O rosto de Fábio se acende, por um instante, com alguma expectativa.

— Claro. Mas eu sempre admito isso. E ou, vem cá. Eu tou querendo há um tempo te perguntar um negócio. Um negócio meio sério. Você não… O seu pai.

Ele não consegue terminar a frase. Fica olhando pro além.

— O quê? Quê que tem meu pai?

— Nada não. Esquece.

Ele parece cada vez mais tenso, olhando pro celular o tempo todo. Não tava tão tarde, uma e pouco.

— Eu tenho que ir. Volto hoje ainda pra Goiânia.

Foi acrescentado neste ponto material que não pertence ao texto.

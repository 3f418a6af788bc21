-- ===== src/Examples/Requests.antt =====
-- Connection Requests at known inputs.
use mathlib.Core.List.{List, [], ◌∷◌, ◌++◌}
use cpe_acs_connector_tr.Base.{equal, true, some, length, ◌≡◌, ◌↔◌, ◌⊎◌, refl, Bytes, codes}
use cpe_acs_connector_tr.Config.{default_config}
use cpe_acs_connector_tr.Daemon.{trigger_connection_request}
use cpe_acs_connector_tr.ConnectionRequest.Serving.{Turn, idle, client, serve}
use cpe_acs_connector_tr.ConnectionRequest.Raised.{SomeGranted, clients, serve-SomeGranted}
use cpe_acs_connector_tr.Examples.{quiet}
use cpe_acs_connector_tr.ConnectionRequest.Accepted.{Request, request_for, serve_client-request_for}
use cpe_acs_connector_tr.ConnectionRequest.{
  Server, new_server, digest_value, header_value, same_name,
}
use cpe_acs_connector_tr.ConnectionRequest.Reply.{serve_client, no_content_response}
use cpe_acs_connector_tr.ConnectionRequest.Authentic.{digest_value-cnonce}
use cpe_acs_connector_tr.ConnectionRequest.Headers.{
  Field, request_text, lookup, header_value-lookup,
}

abbrev server : Server
server = record {
  config = record default_config.connection_request { username = codes "cpe" };
  nonce = codes "abc";
}

abbrev request : Bytes
request = request_text (codes "GET / HTTP/1.1") []

-- A pass without a client, and a client that does not answer the challenge.
abbrev turns : List Turn
turns = idle ∷ client (some request) ∷ []

serve-SomeGranted_example :
    let (replies, f') = serve server trigger_connection_request turns quiet in
    (length replies ≡ clients turns)
    × (f' ≡ record quiet { connection_requested = f'.connection_requested })
    × ((f'.connection_requested ≡ true)
        ↔ ((quiet.connection_requested ≡ true) ⊎ SomeGranted server turns))
serve-SomeGranted_example = serve-SomeGranted server turns quiet

digest_value-cnonce_example :
    digest_value
      (codes "Digest cnonce=\"" ++ (codes "xy" ++ b'"' ∷ codes ", nonce=\"abc\""))
      (codes "nonce")
    ≡ codes "xy"
unfolding codes
digest_value-cnonce_example = digest_value-cnonce (codes "xy") (codes ", nonce=\"abc\"") refl

abbrev fields : List Field
fields =
    record { name = codes "Host"; value = codes "cpe:7547" }
    ∷ record { name = codes "authorization"; value = codes "Digest x" }
    ∷ []

header_value-lookup_example :
    header_value (request_text (codes "GET / HTTP/1.1") fields) (codes "Authorization")
    ≡ lookup fields (codes "Authorization")
unfolding codes
header_value-lookup_example =
    header_value-lookup (codes "GET / HTTP/1.1") fields (codes "Authorization") refl refl

abbrev hosts : List Field
hosts = record { name = codes "Host"; value = codes "cpe:7547" } ∷ []

-- A client's request, and the random number and the clock behind the server's nonce.
abbrev asked : Request
asked = record {
  method = codes "GET";
  uri = codes "/";
  cnonce = codes "xy";
  nc = codes "00000001";
  qop = codes "auth";
}

serve_client-request_for_example :
    let config = record default_config.connection_request { username = codes "cpe" } in
    let server = new_server config 5 7 in
    serve_client server (request_for server asked hosts fields) ≡ (no_content_response, true)
unfolding codes same_name equal
serve_client-request_for_example =
    serve_client-request_for (record default_config.connection_request { username = codes "cpe" }) 5
      7 asked hosts fields refl refl refl refl refl
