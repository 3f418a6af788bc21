-- ===== src/Session/Loop.antt =====
-- The loop of `processAcsMessages`: one round, and the rule by which an invariant of the rounds
-- gives what holds of the result.
use cpe_acs_connector_tr.Base.{
  ℕ, zero, suc, true, false, List, [], ◌∷◌, ◌++◌, Option, none, some, ◌⊎◌, inl, inr, ◌≡◌, refl, ◌∙◌,
  sym, arith, if◌then◌else◌, Bool-cases, Bytes,
}
use mathlib.Core.Option.{some-injective}
use mathlib.Core.Path.{subst}
use cpe_acs_connector_tr.Types.{ParsedRpc, RpcResult}
use cpe_acs_connector_tr.StateMachine.{CwmpState, idle, rpc_processing, session_close, transition}
use cpe_acs_connector_tr.Transformer.{TransformerApi}
use cpe_acs_connector_tr.Xml.{Libxml}
use cpe_acs_connector_tr.SoapParser.{Parsed, rpc, error, parse_rpc}
use cpe_acs_connector_tr.RpcHandler.{handle}
use cpe_acs_connector_tr.Http.{HttpResponse, ok}
use cpe_acs_connector_tr.Session.{
  SessionOutcome, World, post, move, note, is_over, handle_rpc, close_session, process_acs_messages,
}

abbrev pub moved : {S : Type 0} → CwmpState → World S → World S
moved next w = record w {
  state = (transition w.state next).0;
  moves = w.moves ++ (next, (transition w.state next).1) ∷ [];
}

-- The world behind a closed session.
abbrev pub closed : {S : Type 0} → World S → World S
closed w = moved idle (moved session_close w)

abbrev pub succeed : SessionOutcome → SessionOutcome
succeed o = record o { success = true }

module _ {S : Type 0} (api : TransformerApi S) (xml : Libxml) (clock : ℕ → Bytes) where
  -- What `handle` returns for the RPC, and the world once its answer is posted and acknowledged
  -- by the first of the replies, with `qs` still to come.
  abbrev pub handled : World S → ParsedRpc → RpcResult
  handled w r = (handle api w.store r).0

  abbrev pub answered : World S → ParsedRpc → List HttpResponse → World S
  answered w r qs = record (moved rpc_processing w) {
    store = (handle api w.store r).1;
    replies = qs;
    posts = w.posts ++ (handled w r).response_xml ∷ [];
  }

  -- The rule: `Inv` holds at the head of each round, and `Post` of what the loop returns.
  pub record Rule (Inv Post : SessionOutcome → World S → Type 0) : Type 0 where
    pub unreadable : (o : SessionOutcome) (w : World S) → Inv o w → Post o w
    pub finished : (o : SessionOutcome) (w : World S) → Inv o w → Post (succeed o) (closed w)
    pub refused :
        (o : SessionOutcome) (w : World S) (r : ParsedRpc) (qs : List HttpResponse)
        → Inv o w
        → Post o (answered w r qs)
    pub over :
        (o : SessionOutcome) (w : World S) (r : ParsedRpc) (qs : List HttpResponse)
        → Inv o w
        → Post (succeed (note (handled w r) o)) (closed (answered w r qs))
    pub again :
        (o : SessionOutcome) (w : World S) (r : ParsedRpc) (qs : List HttpResponse)
        → Inv o w
        → is_over (note (handled w r) o) ≡ false
        → Inv (note (handled w r) o) (answered w r qs)

  abbrev process : ℕ → SessionOutcome → Bytes → World S → Option (SessionOutcome × World S)
  process = process_acs_messages api xml clock

  -- One round on a readable RPC whose answer gets the reply `q`.
  pub process_round :
      (fuel : ℕ) (o : SessionOutcome) (b : ℕ) (body : Bytes) (w : World S) (r : ParsedRpc)
      (q : HttpResponse) (qs : List HttpResponse)
      → parse_rpc xml (b ∷ body) ≡ rpc r
      → w.replies ≡ q ∷ qs
      → let o' = note (handled w r) o in
        let w' = answered w r qs in
        process (suc fuel) o (b ∷ body) w ≡ (
          if ok q
          then (if is_over o' then some (succeed o', closed w') else process fuel o' q.body w')
          else some (o, w'))
  unfolding process_acs_messages close_session move post handle_rpc
  process_round fuel o b body w r q qs read replies = ground arith

  pub process_unreadable :
      (fuel : ℕ) (o : SessionOutcome) (b : ℕ) (body : Bytes) (w : World S) (e : Bytes)
      → parse_rpc xml (b ∷ body) ≡ error e
      → process (suc fuel) o (b ∷ body) w ≡ some (o, w)
  unfolding process_acs_messages
  process_unreadable fuel o b body w e read = ground arith

  pub process_waiting :
      (fuel : ℕ) (o : SessionOutcome) (b : ℕ) (body : Bytes) (w : World S) (r : ParsedRpc)
      → parse_rpc xml (b ∷ body) ≡ rpc r
      → w.replies ≡ []
      → process (suc fuel) o (b ∷ body) w ≡ none
  unfolding process_acs_messages move post handle_rpc
  process_waiting fuel o b body w r read replies = ground arith

  pub process_finished :
      (fuel : ℕ) (o : SessionOutcome) (w : World S)
      → process fuel o [] w ≡ some (succeed o, closed w)
  unfolding process_acs_messages close_session move
  process_finished zero o w = refl
  process_finished (suc fuel) o w = refl

  pub process_exhausted :
      (o : SessionOutcome) (b : ℕ) (body : Bytes) (w : World S) → process zero o (b ∷ body) w ≡ none
  unfolding process_acs_messages
  process_exhausted o b body w = refl

  pub Parsed-cases : (p : Parsed) → ((r : ParsedRpc) × (p ≡ rpc r)) ⊎ ((e : Bytes) × (p ≡ error e))
  Parsed-cases (rpc r) = inl (r, refl)
  Parsed-cases (error e) = inr (e, refl)

  pub replies-cases :
      (qs : List HttpResponse)
      → (qs ≡ []) ⊎ ((q : HttpResponse) × (rest : List HttpResponse) × (qs ≡ q ∷ rest))
  replies-cases [] = inl refl
  replies-cases (q ∷ rest) = inr (q, rest, refl)

  pub none-not_some : {a : SessionOutcome × World S} → none ≡ some a → ⊥
  none-not_some h = cc

  -- What holds of a result holds of the same result by another name.
  pub returned :
      (Post : SessionOutcome → World S → Type 0) {o o' : SessionOutcome} {w w' : World S}
      → ◌≡◌ {A = Option (SessionOutcome × World S)} (some (o, w)) (some (o', w'))
      → Post o w
      → Post o' w'
  returned Post e p =
      subst (λ (q : SessionOutcome × World S). Post q.0 q.1) (some-injective _ _ e) p

  module _ (Inv Post : SessionOutcome → World S → Type 0) (rule : Rule Inv Post) where
    pub process-Post :
        (fuel : ℕ) (o : SessionOutcome) (body : Bytes) (w : World S) {o' : SessionOutcome}
        {w' : World S}
        → Inv o w
        → process fuel o body w ≡ some (o', w')
        → Post o' w'
    process-Post fuel o [] w inv h =
        returned Post (sym (process_finished fuel o w) ∙ h) (rule.finished o w inv)
    process-Post zero o (b ∷ body) w inv h =
        absurd (none-not_some (sym (process_exhausted o b body w) ∙ h))
    process-Post (suc fuel) o (b ∷ body) w inv h = elim (Parsed-cases (parse_rpc xml (b ∷ body))) [
      | inr (e, read) ↦
          returned Post (sym (process_unreadable fuel o b body w e read) ∙ h)
            (rule.unreadable o w inv)
      | inl (r, read) ↦ elim (replies-cases w.replies) [
        | inl waiting ↦
            absurd (none-not_some (sym (process_waiting fuel o b body w r read waiting) ∙ h))
        | inr (q, qs, replies) ↦ elim (Bool-cases (ok q)) [
          | inr bad ↦
              returned Post
                (sym (rw bad at (process_round fuel o b body w r q qs read replies)) ∙ h)
                (rule.refused o w r qs inv)
          | inl good ↦ elim (Bool-cases (is_over (note (handled w r) o))) [
            | inl over ↦
                returned Post
                  (sym (rw (good, over) at (process_round fuel o b body w r q qs read replies)) ∙ h)
                  (rule.over o w r qs inv)
            | inr more ↦
                process-Post fuel (note (handled w r) o) q.body (answered w r qs)
                  (rule.again o w r qs inv more)
                  (sym (rw (good, more) at (process_round fuel o b body w r q qs read replies)) ∙ h)
          ]
        ]
      ]
    ]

— Sério? Cê tá em condição de dirigir?

— De boa demais. De boaça. Até a gente chegar lá eu tou melhor. Tomo uma água e pronto. Xablauson. Tou acostumado a dirigir de madrugada. É só uma terça feira como qualquer outra.

— Hoje não é terça.

— Você entendeu.

Os dois caminham de volta até a 707, onde está estacionado o carro de Fábio. Em silêncio quase absoluto. Para distraí-lo e dissipar a onda ruim, Murilo conta pra ele a trama do Manuscrito encontrado em Saragoça, do Jan Potocki, o tanto que ele lembrava, inventando o que não lembra. Murilo parece muito animado para lê-lo. Ele se despede com um abraço muito forte que Murilo corresponde com os braços frouxos e o torso quase se recolhendo.